Chef esteve em evento do Assunta

Chef esteve em evento do Assunta

Aparentemente relaxado, como se estivesse em casa de All Star branco, barba por fazer e tatuagens nos dois braços à mostra, o renomado chef paulista Alex Atala, não tira os olhos da composição de cada uma das 200 mesas preparadas para o jantar que – junto a outros chefs – veio servir no Assunta Forneria a três dias do início do carnaval. Estaria ele medindo a distância entre as taças? Ou simplesmente agregando ainda mais valor às poucas horas em que compartilharia seu maior talento com a cidade: o inebriante sabor entre a tradição e a sofisticação?

Pai de Pedro (18 anos) e dos gêmeos Joana e Tomás (10 anos), Atala é proprietário do restaurante D.O.M., em São Paulo, eleito o sétimo melhor restaurante do mundo em 2011 e o melhor da América do Sul pela revista inglesa "Restaurants". "Fazer comida e servir implica em uma tremenda generosidade", disparou o chef, antes de concluir a preparação dos pratos e falar com a Tribuna sobre os rumos da gastronomia no Brasil e no mundo.

Na cadência culinária de Alex Atala, paladar parece um horizonte a ser aberto. Isso porque ele diz comer de tudo. "Adoro levar meu filho ao estádio de futebol, e acho que pago caro pra caramba quando compro aquele cachorro-quente de um R$ 1, porque ele não vale R$ 1", conta.

Para quem já foi punk, DJ, modelo, pintor de paredes na Europa, descobrir a cozinha por acaso parece ter sido seu grande filão. "Para conseguir um visto (na Europa), tinha que fazer um curso e resolvi fazer uma escola de cozinha porque tinha um amigo que também fazia. Atirei no que vi e acertei no que não vi", conta, recordando-se da época em que tinha apenas 19 anos.

 

Tribuna – Miguel Reis, do ecologicamente correto Hotel Chakras, diz que é um "sonho ter Alex Atala como o chef de cozinha do espaço". Você ainda recebe muitos convites assim?

Alex Atala – Recebo e fico super-honrado. Uma alegria e um reconhecimento profissional. Mas infelizmente, ou felizmente, não sei, decidi ter um restaurante, e o D.O.M. começou com 90 lugares, caiu para 70 e hoje tem 50. Estou achando que ainda vou tirar mais dez lugares.
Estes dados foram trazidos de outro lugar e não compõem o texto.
-- ===== src/Lifecycle/Valid.antt =====
-- What the canonical validation has established of a ledger, and when a candidate fits.
use mathlib.Core.List.{map-append}
use mathlib.Core.Path.{subst}
use equill.Base.{
  ℕ, suc, String, ◌≡◌, ◌≢◌, refl, sym, inl, inr, true, false, some, List, [], ◌∷◌, ◌++◌, nat_eq,
  string_eq, contains, lookup, Elem, Unique, Unique-snoc, All, insert, length, length-append, arith,
  Option-cases,
}
use equill.Kernel.Error.{Result, ok, >>=-eq-ok, >>-eq-ok}
use equill.Json.{Json}
use equill.Record.{StoredRecord, TypeDefinition}
use equill.Lifecycle.Rules.{linear_type}
use equill.Lifecycle.Describes.{ids}
use equill.Lifecycle.Lookup.{pairs}
use equill.Lifecycle.Ledger.{Rows, collect-pairs, lookup-pairs, children}
use equill.Lifecycle.Checks.{Passes, check_records-Passes, Passes-check_records}
use equill.Lifecycle.Heads.{Distinct, Linear, linear_loop-Linear, Linear-linear_loop, nothing-Known}
use equill.Lifecycle.Graph.{
  load_all, add_definition, check_records, reject_cycles, validate_linear_graph, validate_graph,
}

pub absent-empty : {V : Type 0} (q : String) (x : V) {P : Type 0} → lookup q [] ≡ some x → P
unfolding lookup
absent-empty q x h = cc

module _ (j : Json) (load : String → Result (TypeDefinition j.Value)) where
  open j use {Value}

  -- what `validate_graph` has established of a ledger that it accepts
  pub record IsValid (rs : Rows j) : Type 0 where
    pub definitions : List (String × TypeDefinition Value)
    pub loaded : load_all j load [] rs ≡ ok definitions
    pub passes : All (Passes j (pairs j rs) definitions) rs
    pub acyclic : reject_cycles j (suc (length rs)) (pairs j rs) rs ≡ ok tt
    pub linear : All (Linear j rs definitions (children j [] rs)) rs

  pub IsValid-of_graph :
      (rs : Rows j) → Unique (ids j rs) → validate_graph j load rs ≡ ok tt → IsValid rs
  unfolding validate_graph validate_linear_graph
  IsValid-of_graph rs u h =
      let h' = rw (collect-pairs j rs u) at h in
      let (m, loads, h1) = >>=-eq-ok (load_all j load [] rs) _ h' in
      let (ch, checks, h2) = >>=-eq-ok (check_records j (pairs j rs) m [] rs) _ h1 in
      let (walks, heads) = >>-eq-ok (reject_cycles j (suc (length rs)) (pairs j rs) rs) _ h2 in
      let (passes, same) =
        check_records-Passes j (pairs j rs) m [] ch rs (λ id s k. (lookup-pairs j rs id s k).0)
          checks in
      record {
        definitions = m;
        loaded = loads;
        passes = passes;
        acyclic = walks;
        linear =
            linear_loop-Linear j rs m (children j [] rs) [] rs
              (nothing-Known j rs m (children j [] rs)) (rw same at heads);
      }

  pub graph_of_IsValid :
      (rs : Rows j) → Unique (ids j rs) → IsValid rs → validate_graph j load rs ≡ ok tt
  unfolding validate_graph validate_linear_graph
  graph_of_IsValid rs u v =
      rw
        (
          collect-pairs j rs u,
          v.loaded,
          Passes-check_records j (pairs j rs) v.definitions [] rs v.passes,
          v.acyclic,
        )
        (Linear-linear_loop j rs v.definitions (children j [] rs) [] rs v.linear)

  -- a ledger's maps, with one more record
  pub pairs-snoc :
      (rs : Rows j) (c : StoredRecord Value) → pairs j (rs ++ c ∷ []) ≡ pairs j rs ++ (c.id, c) ∷ []
  pairs-snoc rs c = map-append (λ r. (r.id, r)) rs (c ∷ [])

  pub add_definition-ok :
      (name : String) (d : TypeDefinition Value) (m : List (String × TypeDefinition Value))
      → load name ≡ ok d
      → (n : List (String × TypeDefinition Value)) × (add_definition j load name m (lookup name m)
          ≡ ok n)
  unfolding add_definition
  add_definition-ok name d m l = elim (Option-cases (lookup name m)) [
    | inl absent ↦ (insert name d m, rw (absent, l) refl)
    | inr (e, held) ↦ (m, rw held refl)
  ]

  pub length-snoc : (rs : Rows j) (c : StoredRecord Value) → length (rs ++ c ∷ []) ≡ suc (length rs)
  length-snoc rs c = omega (arith, length-append rs (c ∷ []))

  pub Unique-ids_snoc :
      (rs : Rows j) (c : StoredRecord Value)
      → Unique (ids j rs)
      → contains (ids j rs) c.id ≡ false
      → Unique (ids j (rs ++ c ∷ []))
  Unique-ids_snoc rs c u fresh =
      subst Unique (sym (map-append (λ r. r.id) rs (c ∷ []))) (Unique-snoc c.id (ids j rs) u fresh)

  pub All-snoc :
      (P : StoredRecord Value → Type 0) (rs : Rows j) (c : StoredRecord Value)
      → All P rs
      → P c
      → All P (rs ++ c ∷ [])
  All-snoc P [] c a p = (p, tt)
  All-snoc P (r ∷ rs) c a p = (a.0, All-snoc P rs c a.1 p)

  -- No two linear records may share a target, so the target of a record that is not linear may have
  -- no linear child; and the heads that the candidate's own linear type counts are distinct already.
  pub record Fits (rs : Rows j) (c : StoredRecord Value) (d : TypeDefinition Value) : Type 0 where
    pub alone :
        (r : StoredRecord Value) (e : TypeDefinition Value) (t : ℕ)
        → Elem r rs
        → load r.type_name ≡ ok e
        → linear_type j e ≡ true
        → r.supersedes ≡ some t
        → c.supersedes ≢ some t
    pub distinct : linear_type j d ≡ true → Distinct j rs (children j [] rs) c d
Vou na contramão do mercado que vai expandindo, enquanto eu vou diminuindo. Se fica pior para o meu restaurante e o meu negócio, sou feliz desse jeito.

 

– Sua mistura de sofisticação e tradição é o caminho seguido por chefs mais novos, como o paraense Thiago Castanho, que, em experiências quase científicas, transforma ingredientes tradicionais em pratos sofisticados. Essa é a sua grande lição?

– Ele é um guerreiro amazônico, mas com sensibilidade. O que mais anseio em mostrar para a garotada é que a cozinha brasileira é um caminho possível. Dentro deste "ser brasileiro", o moderno, o clássico e o contemporâneo vão conviver em harmonia, como na música do rapper Marcelo D2, que convive harmonicamente bem com o samba de raiz do Zeca Pagodinho. O diálogo entre extremos é que é encantador. Essa é a maior característica do Brasil. A cozinha brasileira deve tomar cada vez mais esse caminho.

 

– Este mês, você desembarcou em Milão, na Itália, para participar de um importante evento gastronômico, uma aula sobre o "moderno e o primitivo". O que constatou de mais importante por lá?
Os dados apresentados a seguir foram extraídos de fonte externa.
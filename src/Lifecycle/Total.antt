-- ===== src/Lifecycle/Total.antt =====
-- src/record/lifecycle/graph.rs: the validation always returns; its map lookups never fail and its
-- loop over parents never runs out of fuel.
use equill.Base.{
  ℕ, String, ◌≡◌, ◌≢◌, refl, ap, inl, inr, Bool, true, false, not, Option, none, some, List, [],
  ◌∷◌, ◌==◌, ◌!=◌, ◌&&◌, nat_eq, string_eq, lookup, contains, filter, Elem, if◌then◌else◌,
}
use equill.Kernel.Error.{Error, invalid_record, panic, Result, ok, err, ◌>>=◌, ◌>>◌, refuse, ok_or}
use equill.Json.{Json}
use equill.Record.{StoredRecord, TypeDefinition}
use equill.Lifecycle.Rules.{key, require_key, linear_type, append_only_type}
use equill.Lifecycle.Append.{keys_differ}
use equill.Lifecycle.Graph.{
  index, load_all, add_definition, validate_edge, require_linear_key, shared_target, unique_keys,
  seen_key, see_key, counted, checked_before, check_linear_record, check_if_linear, linear_loop,
}
use equill.Lifecycle.Ledger.{Rows}

-- the operation does not panic
abbrev pub IsCalm : {A : Type 0} → Result A → Type 0
IsCalm m = m ≢ err panic

err_same :
    {A B : Type 0} (e : Error)
    → ◌≡◌ {A = Result B} (err e) (err panic)
    → ◌≡◌ {A = Result A} (err e) (err panic)
err_same e h = let same : (e ≡ panic) = cc in ap err same

pub IsCalm-bind :
    {A B : Type 0} (m : Result A) (f : A → Result B)
    → IsCalm m
    → ((a : A) → m ≡ ok a → IsCalm (f a))
    → IsCalm (m >>= f)
IsCalm-bind (ok a) f c k = k a refl
IsCalm-bind (err e) f c k = λ h. c (err_same e h)

pub IsCalm-refuse : (b : Bool) (s : String) → IsCalm (refuse b (invalid_record s))
IsCalm-refuse true s = λ h. cc
IsCalm-refuse false s = λ h. cc

pub IsCalm-then :
    (b : Bool) (s : String) (rest : Result (Unit {0}))
    → IsCalm rest
    → IsCalm (refuse b (invalid_record s) >> rest)
IsCalm-then true s rest c = λ h. cc
IsCalm-then false s rest c = c

pub IsCalm-ok_or : {A : Type 0} (o : Option A) (s : String) → IsCalm (ok_or o (invalid_record s))
IsCalm-ok_or none s = λ h. cc
IsCalm-ok_or (some a) s = λ h. cc

pub IsCalm-index : {A : Type 0} (o : Option A) (a : A) → o ≡ some a → IsCalm (index o)
IsCalm-index none a h = cc
IsCalm-index (some b) a h = λ h. cc

module _ (j : Json) (load : String → Result (TypeDefinition j.Value)) where
  open j use {Value}

  abbrev Definitions : Type 0
  Definitions = List (String × TypeDefinition Value)

  add_definition-IsCalm :
      (name : String) (m : Definitions) (o : Option (TypeDefinition Value))
      → IsCalm (load name)
      → IsCalm (add_definition j load name m o)
  unfolding add_definition
  add_definition-IsCalm name m none c = IsCalm-bind (load name) _ c (λ d e h. cc)
  add_definition-IsCalm name m (some d) c = λ h. cc

  pub load_all-IsCalm :
      (m : Definitions) (rs : Rows j)
      → ((name : String) → IsCalm (load name))
      → IsCalm (load_all j load m rs)
  unfolding load_all
  load_all-IsCalm m [] c = λ h. cc
  load_all-IsCalm m (r ∷ rs) c =
      IsCalm-bind (add_definition j load r.type_name m (lookup r.type_name m)) _
        (add_definition-IsCalm r.type_name m (lookup r.type_name m) (c r.type_name))
        (λ next _. load_all-IsCalm next rs c)

  -- every record's type has a definition
  abbrev pub Covers : Definitions → Rows j → Type 0
  Covers m rs =
      (r : StoredRecord Value)
      → Elem r rs
      → (d : TypeDefinition Value) × (lookup r.type_name m ≡ some d)

  pub validate_edge-IsCalm :
      (r : StoredRecord Value) (o : Option (StoredRecord Value)) (d : TypeDefinition Value)
      → IsCalm (validate_edge j r o d)
  unfolding validate_edge
  validate_edge-IsCalm r none d = λ h. cc
  validate_edge-IsCalm r (some t) d = IsCalm-then (r.id == t.id) _ _ (
      IsCalm-then (append_only_type j d) _ _ (
        IsCalm-then (r.namespace != t.namespace) _ _ (
          IsCalm-then
            (r.type_name != t.type_name
              && not (contains d.lifecycle.allowed_predecessor_types t.type_name))
            _ _ (IsCalm-refuse (linear_type j d && keys_differ j (key j r d) (key j t d)) _))))

  pub require_linear_key-IsCalm :
      (r : StoredRecord Value) (d : TypeDefinition Value) (b : Bool)
      → IsCalm (require_linear_key j r d b)
  unfolding require_key
  require_linear_key-IsCalm r d false = λ h. cc
  require_linear_key-IsCalm r d true =
      IsCalm-bind (require_key j r d) _ (IsCalm-ok_or (key j r d) _) (λ _ _ h. cc)

  unique_keys-IsCalm :
      (d : TypeDefinition Value) (keys : List String) (rs : Rows j)
      → IsCalm (unique_keys j d keys rs)
  unfolding unique_keys
  unique_keys-IsCalm d keys [] = λ h. cc
  unique_keys-IsCalm d keys (r ∷ rs) =
      IsCalm-then (seen_key j keys (key j r d)) _ _
        (unique_keys-IsCalm d (see_key j (key j r d) keys) rs)

  IsCalm-if : (b : Bool) (m : Result (Unit {0})) → IsCalm m → IsCalm (if b then ok tt else m)
  IsCalm-if true m c = λ h. cc
  IsCalm-if false m c = c

  check_if_linear-IsCalm :
      (rs : Rows j) (ch : List ℕ) (checked : List (String × String)) (r : StoredRecord Value)
      (d : TypeDefinition Value) (b : Bool)
      → IsCalm (check_if_linear j rs ch checked r d b)
  unfolding check_linear_record
  check_if_linear-IsCalm rs ch checked r d false = λ h. cc
  check_if_linear-IsCalm rs ch checked r d true =
      IsCalm-bind (check_linear_record j rs ch checked r d) _
        (IsCalm-then (shared_target j ch r.supersedes) _ _ (
          IsCalm-if (checked_before j checked r) _
            (unique_keys-IsCalm d [] (filter (counted j ch r d) rs))))
        (λ _ _ h. cc)

  pub linear_loop-IsCalm :
      (all : Rows j) (m : Definitions) (ch : List ℕ) (checked : List (String × String))
      (rs : Rows j)
      → Covers m rs
      → IsCalm (linear_loop j all m ch checked rs)
  unfolding linear_loop
  linear_loop-IsCalm all m ch checked [] covers = λ h. cc
  linear_loop-IsCalm all m ch checked (r ∷ rs) covers =
      let (d, found) = covers r (inl refl) in
      IsCalm-bind (index (lookup r.type_name m)) _ (IsCalm-index _ d found) (λ d' _.
        IsCalm-bind (check_if_linear j all ch checked r d' (linear_type j d')) _
          (check_if_linear-IsCalm all ch checked r d' (linear_type j d'))
          (λ checked' _. linear_loop-IsCalm all m ch checked' rs (λ x p. covers x (inr p))))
– Que cada vez mais os olhos do mundo estão se voltando para a América Latina, seja no México, no Peru ou, principalmente, aqui no Brasil.

 

– O que acha da gastronomia mineira?

– Essa coisa mineira ainda não atingiu o ápice que vai atingir, e deve acontecer em breve. Meninos como (os chefs) Felipe (Sansão) Rameh e Pablo Oazen estão em alta.

 

– Cozinhar é um ofício ou uma arte?

– Não vejo como arte, porque cozinhar é efêmero, apesar de gerar emoção. Vejo o cozinheiro muito mais como um artesão do que propriamente um artista. Todos nós conhecemos Prada, Gucci, Hermès, Louis Vuitton. Os quatro eram artesãos do couro. A habilidade manual desses caras era transformar um material bruto em um produto de refinamento, luxo, designer, de combinação de cores. É um talento que um homem tem e que pode gerar a indústria do luxo, como aconteceu na moda. Na cozinha não é diferente. Eu trabalho com arroz e feijão ao lado de minha equipe. É o nosso talento em construir e cozinhar com o arroz e feijão que nos difere da maioria, então acho que nós, cozinheiros, somos artesãos e sabemos transformar o bruto em inebriante.

 

– O que não pode faltar em sua cozinha?

– Silêncio.

 

– Você leva seus filhos ao McDonald’s?

– Sempre levei, nunca proibi nada e nem posso. E hoje eles preferem sushi (risos).

 

– Quem cozinha em sua casa?

– Temos uma moça para cozinhar para a gente, mas nada impede de eu ir para a cozinha. Quando – e se – meus filhos pedem e/ou estou com vontade de cozinhar, por que não? O problema é que fico no restaurante seis dias por semana e tenho um dia de folga. Mas o que me dá mais prazer é cozinhar para meus filhos quando eles querem.

 

– Alguma diferença?

– Existe uma diferença entre cozinhar e trabalhar. Trabalho no D.O.M..

 

– Você se considera uma celebridade?

– (pausa) A vida me levou a isso.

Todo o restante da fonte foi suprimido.